* TASK PROMPT *
Records follow. Pull out every line that contains "else".

* SUPPLIED INFORMATION *
= Beginning of Section =

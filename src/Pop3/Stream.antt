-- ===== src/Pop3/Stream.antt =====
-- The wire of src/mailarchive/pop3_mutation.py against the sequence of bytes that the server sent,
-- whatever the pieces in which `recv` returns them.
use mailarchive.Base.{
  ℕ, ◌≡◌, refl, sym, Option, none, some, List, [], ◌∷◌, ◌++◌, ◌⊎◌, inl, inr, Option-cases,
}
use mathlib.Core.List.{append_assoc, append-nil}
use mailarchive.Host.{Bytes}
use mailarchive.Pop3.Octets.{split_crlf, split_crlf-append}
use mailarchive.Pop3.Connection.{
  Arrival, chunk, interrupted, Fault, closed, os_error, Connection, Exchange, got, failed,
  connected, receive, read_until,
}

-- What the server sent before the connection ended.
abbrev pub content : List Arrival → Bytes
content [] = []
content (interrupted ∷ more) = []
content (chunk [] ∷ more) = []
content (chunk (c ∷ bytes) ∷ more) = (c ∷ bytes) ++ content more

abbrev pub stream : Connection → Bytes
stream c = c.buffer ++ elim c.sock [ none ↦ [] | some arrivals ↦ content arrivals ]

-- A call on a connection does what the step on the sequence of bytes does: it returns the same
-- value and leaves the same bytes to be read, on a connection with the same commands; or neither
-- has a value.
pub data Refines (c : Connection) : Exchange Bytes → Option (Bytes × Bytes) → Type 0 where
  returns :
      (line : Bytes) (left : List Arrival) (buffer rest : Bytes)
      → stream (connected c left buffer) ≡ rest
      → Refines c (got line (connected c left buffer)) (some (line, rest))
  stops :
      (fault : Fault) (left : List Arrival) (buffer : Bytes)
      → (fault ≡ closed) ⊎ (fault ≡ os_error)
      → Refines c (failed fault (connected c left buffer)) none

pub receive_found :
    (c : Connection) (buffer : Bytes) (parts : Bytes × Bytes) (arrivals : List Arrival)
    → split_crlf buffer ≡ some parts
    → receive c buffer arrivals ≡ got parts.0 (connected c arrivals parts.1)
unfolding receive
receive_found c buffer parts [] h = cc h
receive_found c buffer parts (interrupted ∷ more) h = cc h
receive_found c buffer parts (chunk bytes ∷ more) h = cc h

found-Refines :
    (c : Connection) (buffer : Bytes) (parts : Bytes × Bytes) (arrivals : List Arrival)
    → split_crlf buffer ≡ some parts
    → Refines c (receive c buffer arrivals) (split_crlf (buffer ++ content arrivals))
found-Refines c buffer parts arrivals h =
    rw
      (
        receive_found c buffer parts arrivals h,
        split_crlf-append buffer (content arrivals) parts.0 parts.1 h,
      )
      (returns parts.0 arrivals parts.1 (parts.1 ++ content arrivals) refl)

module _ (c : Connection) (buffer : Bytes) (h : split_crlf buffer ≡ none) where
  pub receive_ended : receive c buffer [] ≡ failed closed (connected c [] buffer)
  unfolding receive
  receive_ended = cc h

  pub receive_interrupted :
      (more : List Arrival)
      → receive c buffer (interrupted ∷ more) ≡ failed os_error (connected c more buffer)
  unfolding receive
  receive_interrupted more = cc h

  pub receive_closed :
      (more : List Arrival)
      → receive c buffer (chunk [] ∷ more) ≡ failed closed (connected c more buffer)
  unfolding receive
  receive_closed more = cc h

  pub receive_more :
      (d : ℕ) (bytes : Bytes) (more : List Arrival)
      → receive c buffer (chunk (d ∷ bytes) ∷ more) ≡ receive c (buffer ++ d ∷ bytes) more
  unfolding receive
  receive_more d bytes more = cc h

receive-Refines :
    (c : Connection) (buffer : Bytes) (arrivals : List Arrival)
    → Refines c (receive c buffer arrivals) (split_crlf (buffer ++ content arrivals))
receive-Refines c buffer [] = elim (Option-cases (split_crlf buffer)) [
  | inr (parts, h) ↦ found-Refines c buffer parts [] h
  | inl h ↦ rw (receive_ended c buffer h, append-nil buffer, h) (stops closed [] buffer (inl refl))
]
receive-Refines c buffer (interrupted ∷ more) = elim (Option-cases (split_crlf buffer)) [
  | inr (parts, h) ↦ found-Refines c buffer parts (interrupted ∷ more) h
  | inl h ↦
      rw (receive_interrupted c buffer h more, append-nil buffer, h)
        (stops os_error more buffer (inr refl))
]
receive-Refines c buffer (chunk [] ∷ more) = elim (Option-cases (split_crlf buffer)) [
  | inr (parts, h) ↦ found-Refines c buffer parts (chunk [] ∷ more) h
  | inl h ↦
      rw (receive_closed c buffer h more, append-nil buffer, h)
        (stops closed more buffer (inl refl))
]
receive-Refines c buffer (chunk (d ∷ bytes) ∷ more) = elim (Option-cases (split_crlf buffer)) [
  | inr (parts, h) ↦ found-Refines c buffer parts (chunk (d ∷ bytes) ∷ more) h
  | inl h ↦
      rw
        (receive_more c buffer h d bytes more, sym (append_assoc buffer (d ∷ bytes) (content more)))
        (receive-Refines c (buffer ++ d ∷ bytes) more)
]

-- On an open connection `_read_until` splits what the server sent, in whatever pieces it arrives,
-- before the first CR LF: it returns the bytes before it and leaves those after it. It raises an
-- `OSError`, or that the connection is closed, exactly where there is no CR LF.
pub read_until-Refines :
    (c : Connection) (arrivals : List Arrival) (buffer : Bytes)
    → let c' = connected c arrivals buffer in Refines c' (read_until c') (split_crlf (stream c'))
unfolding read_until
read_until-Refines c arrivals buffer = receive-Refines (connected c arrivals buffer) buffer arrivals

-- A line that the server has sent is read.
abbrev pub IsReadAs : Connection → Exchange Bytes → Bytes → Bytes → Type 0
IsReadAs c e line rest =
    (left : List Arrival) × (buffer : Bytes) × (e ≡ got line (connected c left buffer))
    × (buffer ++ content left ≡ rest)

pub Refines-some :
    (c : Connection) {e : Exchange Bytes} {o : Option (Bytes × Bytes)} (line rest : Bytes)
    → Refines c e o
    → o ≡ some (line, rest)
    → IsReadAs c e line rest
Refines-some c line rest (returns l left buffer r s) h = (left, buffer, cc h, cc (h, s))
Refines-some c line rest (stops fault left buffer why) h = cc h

= End of Section =
= Beginning of Section =

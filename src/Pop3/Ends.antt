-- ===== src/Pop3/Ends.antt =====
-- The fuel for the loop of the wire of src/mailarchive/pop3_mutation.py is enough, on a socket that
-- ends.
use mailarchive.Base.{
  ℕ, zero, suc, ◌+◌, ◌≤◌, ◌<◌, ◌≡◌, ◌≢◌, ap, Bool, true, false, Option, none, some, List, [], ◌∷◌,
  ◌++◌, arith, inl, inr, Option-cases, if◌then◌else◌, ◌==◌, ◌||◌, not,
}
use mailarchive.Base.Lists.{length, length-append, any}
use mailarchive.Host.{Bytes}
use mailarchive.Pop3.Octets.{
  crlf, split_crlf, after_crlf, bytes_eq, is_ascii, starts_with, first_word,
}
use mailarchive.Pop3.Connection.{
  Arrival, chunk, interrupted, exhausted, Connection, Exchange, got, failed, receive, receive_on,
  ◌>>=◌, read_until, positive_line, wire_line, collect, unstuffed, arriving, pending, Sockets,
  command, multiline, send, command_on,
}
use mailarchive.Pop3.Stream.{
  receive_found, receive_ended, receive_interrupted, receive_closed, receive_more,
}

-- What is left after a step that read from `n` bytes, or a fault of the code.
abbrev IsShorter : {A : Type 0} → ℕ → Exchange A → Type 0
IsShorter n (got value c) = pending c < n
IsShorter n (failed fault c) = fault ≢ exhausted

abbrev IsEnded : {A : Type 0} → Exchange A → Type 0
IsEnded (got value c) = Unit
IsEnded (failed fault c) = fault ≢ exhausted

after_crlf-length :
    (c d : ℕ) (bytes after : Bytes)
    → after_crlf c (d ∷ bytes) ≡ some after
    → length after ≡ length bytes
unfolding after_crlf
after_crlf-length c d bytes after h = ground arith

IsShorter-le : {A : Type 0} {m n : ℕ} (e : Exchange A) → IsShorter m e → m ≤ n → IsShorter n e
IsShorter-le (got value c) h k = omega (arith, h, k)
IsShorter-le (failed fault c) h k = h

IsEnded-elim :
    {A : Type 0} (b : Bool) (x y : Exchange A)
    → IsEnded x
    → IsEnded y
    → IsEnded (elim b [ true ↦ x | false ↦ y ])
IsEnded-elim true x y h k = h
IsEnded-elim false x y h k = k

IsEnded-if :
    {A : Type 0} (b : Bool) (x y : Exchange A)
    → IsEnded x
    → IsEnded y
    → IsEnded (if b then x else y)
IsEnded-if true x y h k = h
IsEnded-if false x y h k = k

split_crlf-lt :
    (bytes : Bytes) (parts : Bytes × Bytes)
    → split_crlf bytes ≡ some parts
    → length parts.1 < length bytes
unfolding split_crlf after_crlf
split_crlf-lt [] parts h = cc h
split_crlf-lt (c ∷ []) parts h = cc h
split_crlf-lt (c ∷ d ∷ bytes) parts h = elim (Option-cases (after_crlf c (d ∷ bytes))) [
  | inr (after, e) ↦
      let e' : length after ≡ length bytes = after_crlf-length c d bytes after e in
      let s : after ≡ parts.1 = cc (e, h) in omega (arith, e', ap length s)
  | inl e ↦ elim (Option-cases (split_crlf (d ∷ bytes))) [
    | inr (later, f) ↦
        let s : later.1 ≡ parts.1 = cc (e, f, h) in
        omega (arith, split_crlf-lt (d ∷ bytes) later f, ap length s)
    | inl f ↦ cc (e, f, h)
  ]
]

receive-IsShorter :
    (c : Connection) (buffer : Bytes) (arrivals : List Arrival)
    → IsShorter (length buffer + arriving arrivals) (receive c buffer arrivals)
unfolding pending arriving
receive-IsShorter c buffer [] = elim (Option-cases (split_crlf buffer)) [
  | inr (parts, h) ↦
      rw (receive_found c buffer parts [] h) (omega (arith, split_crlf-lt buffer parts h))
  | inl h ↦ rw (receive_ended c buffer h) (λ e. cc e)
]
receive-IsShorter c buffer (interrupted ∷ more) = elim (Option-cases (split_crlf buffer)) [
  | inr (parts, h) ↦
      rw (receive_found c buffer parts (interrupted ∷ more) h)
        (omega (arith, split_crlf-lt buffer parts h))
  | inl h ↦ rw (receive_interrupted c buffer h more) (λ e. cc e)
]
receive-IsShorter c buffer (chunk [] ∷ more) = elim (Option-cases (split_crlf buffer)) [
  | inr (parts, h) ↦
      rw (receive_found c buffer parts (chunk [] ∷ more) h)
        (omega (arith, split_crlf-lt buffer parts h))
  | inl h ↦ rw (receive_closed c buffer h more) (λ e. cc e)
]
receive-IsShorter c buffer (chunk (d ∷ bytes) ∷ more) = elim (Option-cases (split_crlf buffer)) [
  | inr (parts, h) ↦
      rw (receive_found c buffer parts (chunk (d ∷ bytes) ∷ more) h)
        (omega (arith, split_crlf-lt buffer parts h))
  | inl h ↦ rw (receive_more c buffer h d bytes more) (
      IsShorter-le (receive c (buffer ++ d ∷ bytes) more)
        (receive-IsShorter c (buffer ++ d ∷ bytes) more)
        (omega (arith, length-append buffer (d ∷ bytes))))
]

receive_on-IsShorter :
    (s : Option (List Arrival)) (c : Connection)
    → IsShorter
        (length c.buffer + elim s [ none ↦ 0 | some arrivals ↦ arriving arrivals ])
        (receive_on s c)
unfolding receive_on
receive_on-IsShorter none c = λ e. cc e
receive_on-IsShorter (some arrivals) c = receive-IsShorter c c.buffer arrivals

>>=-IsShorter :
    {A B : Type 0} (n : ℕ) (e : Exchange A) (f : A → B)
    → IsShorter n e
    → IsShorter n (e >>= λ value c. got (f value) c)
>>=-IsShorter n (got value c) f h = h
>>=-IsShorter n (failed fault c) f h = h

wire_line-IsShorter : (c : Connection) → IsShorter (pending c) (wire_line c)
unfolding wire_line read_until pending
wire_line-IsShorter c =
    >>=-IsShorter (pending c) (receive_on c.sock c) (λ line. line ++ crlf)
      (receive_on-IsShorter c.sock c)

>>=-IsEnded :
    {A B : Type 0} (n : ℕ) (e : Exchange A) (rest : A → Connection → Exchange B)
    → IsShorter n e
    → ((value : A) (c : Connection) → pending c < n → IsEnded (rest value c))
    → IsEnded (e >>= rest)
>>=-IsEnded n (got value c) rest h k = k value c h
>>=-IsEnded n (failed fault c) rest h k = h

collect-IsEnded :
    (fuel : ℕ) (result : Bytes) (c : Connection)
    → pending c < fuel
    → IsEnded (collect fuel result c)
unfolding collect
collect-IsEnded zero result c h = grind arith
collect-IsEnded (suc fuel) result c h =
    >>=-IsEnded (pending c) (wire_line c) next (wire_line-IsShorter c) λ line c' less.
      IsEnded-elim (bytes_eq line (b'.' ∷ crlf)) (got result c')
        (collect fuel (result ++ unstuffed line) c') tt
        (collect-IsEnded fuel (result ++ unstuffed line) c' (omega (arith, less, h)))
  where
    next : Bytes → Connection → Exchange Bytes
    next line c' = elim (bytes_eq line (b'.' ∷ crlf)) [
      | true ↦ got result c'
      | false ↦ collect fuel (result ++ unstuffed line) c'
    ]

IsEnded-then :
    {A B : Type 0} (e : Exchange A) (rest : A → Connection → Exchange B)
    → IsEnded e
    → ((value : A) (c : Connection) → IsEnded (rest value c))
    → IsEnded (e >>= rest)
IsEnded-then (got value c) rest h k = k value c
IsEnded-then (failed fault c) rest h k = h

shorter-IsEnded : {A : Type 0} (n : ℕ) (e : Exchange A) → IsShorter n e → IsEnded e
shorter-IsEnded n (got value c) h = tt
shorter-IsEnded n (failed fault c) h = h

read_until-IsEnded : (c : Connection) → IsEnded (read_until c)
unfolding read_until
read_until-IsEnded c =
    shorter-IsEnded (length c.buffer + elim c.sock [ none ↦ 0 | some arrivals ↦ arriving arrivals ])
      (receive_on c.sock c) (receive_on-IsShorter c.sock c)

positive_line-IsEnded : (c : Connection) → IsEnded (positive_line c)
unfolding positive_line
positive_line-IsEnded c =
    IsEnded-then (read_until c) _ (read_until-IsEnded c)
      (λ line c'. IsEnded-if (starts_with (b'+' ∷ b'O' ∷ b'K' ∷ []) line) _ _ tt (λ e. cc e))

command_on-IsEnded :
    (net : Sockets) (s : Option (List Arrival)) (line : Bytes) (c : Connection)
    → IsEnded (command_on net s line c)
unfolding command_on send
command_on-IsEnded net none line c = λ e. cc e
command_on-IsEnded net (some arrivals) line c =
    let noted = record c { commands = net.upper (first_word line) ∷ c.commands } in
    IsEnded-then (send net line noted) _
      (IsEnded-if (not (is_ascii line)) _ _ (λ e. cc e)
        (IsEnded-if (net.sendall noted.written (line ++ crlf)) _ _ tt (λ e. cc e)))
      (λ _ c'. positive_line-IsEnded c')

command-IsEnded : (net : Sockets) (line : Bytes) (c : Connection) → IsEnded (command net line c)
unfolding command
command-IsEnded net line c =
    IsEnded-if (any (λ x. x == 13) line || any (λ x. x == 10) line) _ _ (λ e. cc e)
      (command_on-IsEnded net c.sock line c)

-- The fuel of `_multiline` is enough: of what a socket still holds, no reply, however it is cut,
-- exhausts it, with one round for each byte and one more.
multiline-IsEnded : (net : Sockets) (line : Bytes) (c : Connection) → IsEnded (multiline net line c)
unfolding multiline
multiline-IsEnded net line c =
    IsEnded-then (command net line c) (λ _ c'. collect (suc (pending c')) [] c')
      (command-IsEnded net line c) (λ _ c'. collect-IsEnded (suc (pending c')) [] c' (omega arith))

= End of Section =

* ANSWER SECTION *
  ◌++◌, arith, inl, inr, Option-cases, if◌then◌else◌, ◌==◌, ◌||◌, not,
    → IsEnded (if b then x else y)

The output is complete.